How it was taken - Seamill Hydro

Occasionally, I get emails from photographers asking how I took a particular shot and I always try to provide as much information as I can to help. However, one shot in particular, has caused more than it's fair share of questions - not to mention a lot of replies telling me that they don't believe my explanation as the shot '...must have been Photoshopped!' So, I figure I'll put this one to bed with this blog post. I'll be the first to admit that I very rarely use Photoshop, preferring Lightroom for 99.99% of my editing. As I began my journey in photography way back in the days of film - and the exposure-critical nature of slide film - I try to get my shots are good as I can in-camera. Most of my post-processing is limited to tweaking the contrast and maybe the odd wonky horizon (I always carry a tripod - I just don't always use the bloody thing!) Obviously, there are some instances where a shot will require a wee bit more than this, and my black & white process is a different subject, but,for the most part, I try to minimise the amount of digital work I have to do. As you will also see with one of my diagrams - I take photographs because I'm worse than useless at drawing! Right, let's get going - here's the shot.

On September 22nd 2013, I had the privilege of photographing the wedding of a lovely couple, called Laura and Alex at the beautiful Seamill Hydro hotel on the Ayrshire coast of Scotland. When we carried out our pre-wedding shoot at the hotel, a few weeks before the ceremony, I used my Sundial app (I promise you - it'll be the best £1.49 you'll spend) to see where the sun would be throughout the course of the day. This let us plan where and when we were taking shots on the day. It showed that the sun would set towards the Northern end of the Isle of Arran at 7.19pm and, after checking the tide times, I noted that this would coincide with a low tide and that could mean I'd get the chance to take a shot I've been planning for months!
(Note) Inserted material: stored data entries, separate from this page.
-- ===== src/Agent/Execute.antt =====
-- `execute` and `_safe_result` of test-server/test_server/agent.py. What a job does outside is a
-- list of acts, which ends where an exception is let through.
use slack_runtests.Reporter.{
  Payload, summary, JobReporter, Outside, Shown, completed_text, notifier, post_fresh,
  received_text, shown_of, started_text, str_or_empty,
}
use slack_runtests.Python.{Exn, Result, ok, raised}
use slack_runtests.Prelude.{
  Bool, List, Option, Text, [], codes, false, if◌then◌else◌, is_empty, keep_if, none, not, pos,
  some, suc, take, true, zero, ℕ, ℤ, ◌*◌, ◌++◌, ◌+◌, ◌-◌, ◌==◌, ◌||◌, ◌∷◌, text_eq, option_eq,
  int_eq, nat_eq,
}
use slack_runtests.Agent.{Problem, build_argv, validate}
use slack_runtests.Strings.{join, split_on}
use slack_runtests.Notifier.{Event, is_enabled, join_by}
use slack_runtests.Store.{job}
use slack_runtests.Store.Attempts.{tries}
use slack_runtests.Local.{Ending, Machine, aborted, completed, not_started, timed_out}
use slack_runtests.Client.{Called, edge_error, failed_with, returned}
use slack_runtests.Agent.Junit.{JunitCounts, Node, counts_from_junit}

-- The text of the outcome that is reported.
pub data Summary : Type 0 where
  refused_for : Problem → Summary
  no_suite : Text → Summary
  was_killed : Summary
  could_not_start : Text → Summary
  failed_tests : Text → Summary

-- The outcome that is reported; the duration is in microseconds.
pub record Report : Type 0 where
  pub exit_code : ℤ
  pub passed : ℤ
  pub failed : ℤ
  pub skipped : ℤ
  pub duration : ℕ
  pub summary : Summary

-- The calls of Slack and of the edge, the command, and the waits in microseconds.
pub data Act : Type 0 where
  says : List Event → Act
  tells_started : Text → Act
  runs : List Text → Act
  tells_result : Text → Report → Act
  sleeps : ℕ → Act

-- The acts, and the exception, if one is raised.
pub record Trace : Type 0 where
  pub acts : List Act
  pub failure : Option Exn

abbrev pub did : List Act → Trace
did acts = record { acts = acts; failure = none }

abbrev pub died : Exn → Trace
died x = record { acts = []; failure = some x }

infixr 5 ◌then◌
-- The second comes only if the first lets no exception through.
abbrev pub ◌then◌ : Trace → Trace → Trace
s then t = elim s.failure [
  | none ↦ record { acts = s.acts ++ t.acts; failure = t.failure }
  | some x ↦ s
]

abbrev pub with_value : {A : Type 0} → Result A → (A → Trace) → Trace
with_value (ok a) f = f a
with_value (raised x) f = died x

-- The four messages of a job.
pub data Speech : Type 0 where
  of_receipt of_start of_end of_counts : Speech

-- What a test server knows, and what the run of a job meets: what a call of Slack for a message
-- lets through, the resolved working directory, pytest's end, the clock before and after it, the
-- tree of its report, and how the calls to the edge end.
pub record AgentConfig : Type 0 where
  pub runner_id : Text
  pub suite_root : Text

pub record Meeting : Type 0 where
  pub outside : Outside
  pub machine : Machine
  pub workdir : Text
  pub posting : Speech → Option Exn
  pub suite_is_dir : Bool
  pub ending : Ending
  pub before : ℕ
  pub after : ℕ
  pub report : Option Node
  pub on_started : Called (Unit {0})
  pub on_result : ℕ → Called (Unit {0})

-- `_safe_result`, with `tries` attempts left; `on_result n` is how attempt `n` ends.
unfoldable pub try_result : (ℕ → Called (Unit {0})) → Text → Report → ℕ → ℕ → Trace
try_result on_result job_id report attempt zero = did []
try_result on_result job_id report attempt (suc tries) =
    let again = try_result on_result job_id report (attempt + 1) tries in
    did (tells_result job_id report ∷ []) then elim (on_result attempt) [
      | returned u ↦ did []
      | edge_error r ↦ did (sleeps (2 * (attempt + 1) * 1000000) ∷ []) then again
      | failed_with x ↦ died x
    ]

unfoldable pub safe_result : (ℕ → Called (Unit {0})) → Text → Report → Trace
unfolding try_result
safe_result on_result job_id report = try_result on_result job_id report 0 3

-- A message; without a token Slack is not called.
unfoldable pub speaks : Meeting → JobReporter → Speech → List Event → Trace
unfolding notifier
speaks m r speech events = record {
  acts = says events ∷ [];
  failure = if is_enabled (notifier m.outside r) then m.posting speech else none;
}

-- The last steps of every branch: the message that the run is over, the counts, and the result.
unfoldable pub concluded : Meeting → JobReporter → Shown → Report → List Text → Trace
unfolding speaks post_fresh completed_text summary safe_result
concluded m r j report failed_ids =
    speaks m r of_end (post_fresh m.outside r (completed_text j report.exit_code report.duration))
    then speaks m r of_counts
        (summary m.outside r report.passed report.failed report.skipped report.duration failed_ids)
    then safe_result m.on_result j.job_id report

-- A report of a run that counted nothing.
abbrev pub uncounted : ℤ → ℕ → Summary → Report
uncounted exit_code duration why = record {
  exit_code = exit_code;
  passed = pos 0;
  failed = pos 0;
  skipped = pos 0;
  duration = duration;
  summary = why;
}

unfoldable pub counted_report : ℤ → ℕ → JunitCounts → Report
unfolding join_by
counted_report exit_code duration k = record {
  exit_code = exit_code;
  passed = k.passed;
  failed = k.failed;
  skipped = k.skipped;
  duration = duration;
  summary = failed_tests (join_by (codes ", ") (take 10 k.failed_ids));
}

-- `execute` after pytest has ended.
unfoldable pub after_run : Meeting → JobReporter → Shown → Ending → Trace
unfolding concluded counts_from_junit counted_report
after_run m r j timed_out = concluded m r j (uncounted (pos 3) (m.after - m.before) was_killed) []
after_run m r j (not_started exc) = concluded m r j (uncounted (pos 3) 0 (could_not_start exc)) []
after_run m r j (aborted x) = died x
after_run m r j (completed code out) =
    with_value (counts_from_junit m.report)
      (λ k. concluded m r j (counted_report code (m.after - m.before) k) k.failed_ids)

-- `client.started`, where only an EdgeError is caught.
abbrev pub tell_started : Called (Unit {0}) → Text → Trace
tell_started answer job_id =
    did (tells_started job_id ∷ [])
    then elim answer [ returned u ↦ did [] | edge_error r ↦ did [] | failed_with x ↦ died x ]

-- `str(workdir / name)` of POSIX paths, for a name that does not begin with a slash: pathlib drops
-- the components that are empty or a dot.
pub path_in : Text → Text → Text
unfolding join split_on
path_in workdir name =
    (if workdir == codes "/" then [] else workdir)
    ++ b'/'
      ∷ join b'/' (keep_if (λ part. not (is_empty part || part == codes ".")) (split_on b'/' name))

-- The command of a job that was validated.
unfoldable pub job_argv : AgentConfig → Meeting → Payload → Shown → List Text
unfolding build_argv path_in
job_argv cfg m job j =
    build_argv m.machine j.product j.server (str_or_empty job.select) (str_or_empty job.marker)
      cfg.suite_root (path_in m.workdir (codes "results-" ++ j.job_id ++ codes ".xml"))

-- What comes behind the test that the suite is there.
unfoldable pub suite_run : AgentConfig → Meeting → JobReporter → Shown → List Text → Bool → Trace
unfolding speaks post_fresh started_text concluded after_run
suite_run cfg m r j argv false =
    speaks m r of_start (post_fresh m.outside r (started_text j argv))
    then concluded m r j (uncounted (pos 5) 0 (no_suite (cfg.suite_root ++ b'/' ∷ j.product))) []
suite_run cfg m r j argv true =
    speaks m r of_start (post_fresh m.outside r (started_text j argv))
    then did (runs argv ∷ [])
    then after_run m r j m.ending

-- `execute` for a job that is not refused.
unfoldable pub run_job : AgentConfig → Meeting → JobReporter → Payload → Shown → Trace
unfolding job_argv suite_run
run_job cfg m r job j =
    tell_started m.on_started j.job_id
    then suite_run cfg m r j (job_argv cfg m job j) m.suite_is_dir

-- `execute` after the first message.
unfoldable pub checked_job : AgentConfig → Meeting → JobReporter → Payload → Shown → Trace
unfolding validate concluded run_job
checked_job cfg m r job j = with_value (validate job) (λ problem. elim problem [
  | some p ↦ concluded m r j (uncounted (pos 4) 0 (refused_for p)) []
  | none ↦ run_job cfg m r job j
])

-- The reporter of a job.
abbrev pub reporter_of : AgentConfig → Payload → JobReporter
reporter_of cfg job = record { channel = str_or_empty job.slack_channel; runner_id = cfg.runner_id }

-- `execute`
unfoldable pub execute : AgentConfig → Meeting → Payload → Trace
unfolding shown_of speaks post_fresh received_text checked_job
execute cfg m job =
    let r = reporter_of cfg job in
    with_value (shown_of job) (λ j.
      speaks m r of_receipt (post_fresh m.outside r (received_text r j))
      then checked_job cfg m r job j)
The venue, with the Sundial app clearly showing where the sun was coming from for the formal shots in the afternoon.

Zooming the screen out a bit shows the sun will set where the island meets the water.

Unfortunately, this would also be half-way through the wedding breakfast! Thankfully, Laura and Alex were both happy for me to steal them away if I thought we might get a nice shot, so I ate my meal in the main restaurant as it faced the sea and let me monitor the changing conditions. When it became clear that we were in for some nice colour I went for a quick walk on the beach to find my spot - knowing that I would only be able to take them away from their guests for a very short time.
As I quickly led my bride & groom across the beach, an ambient light reading was taken with my Sekonic L358 meter and it gave 1/160th at f4.5 and ISO400. I set my ISO to 200 to underexpose the scene by a stop and really bring out the colours. We reached the spot where I wanted them to stand and I then set a Youngnuo 560 II speedlite just outside the frame to camera right. Using my Phottix Strato II triggers, I decided not to use any modifiers on the light and zoomed the head to 85mm to prevent any light spilling onto the beach. I then raced round to the other side of the puddle (yes, that's a puddle in the foreground, roughly 12 feet in diameter) got on my knees and placed one hand on the edge of the puddle. When I rested the lens hood of my 17-40 on the half-submerged hand it gave just enough elevation to stop the lens getting wet and gave this beautiful reflection. I said, earlier, that I'd been planning this shot for months and, as my two daughters (and three dogs) will confirm, I must have spent over 20 hours laying in puddles in my garden taking shots of them with different set ups. My neighbours may have made some funny comments from time to time, but all that practise is worth it when you get 'That' shot you have in your minds eye.

Shot as a RAW file, it was imported into Lightroom, where the contrast was tweaked a bit using an s-curve and that was it. The extremely low viewpoint turns a shallow puddle into a great big mirror and creates something a bit different from the norm.
*UPDATE - June 21st 2014*
The Guild of Professional Photographers has awarded this shot a Silver Bar in their Image Of the Month competition! What can I say about that, except wow! Thank you to the Guild and the panel of judges.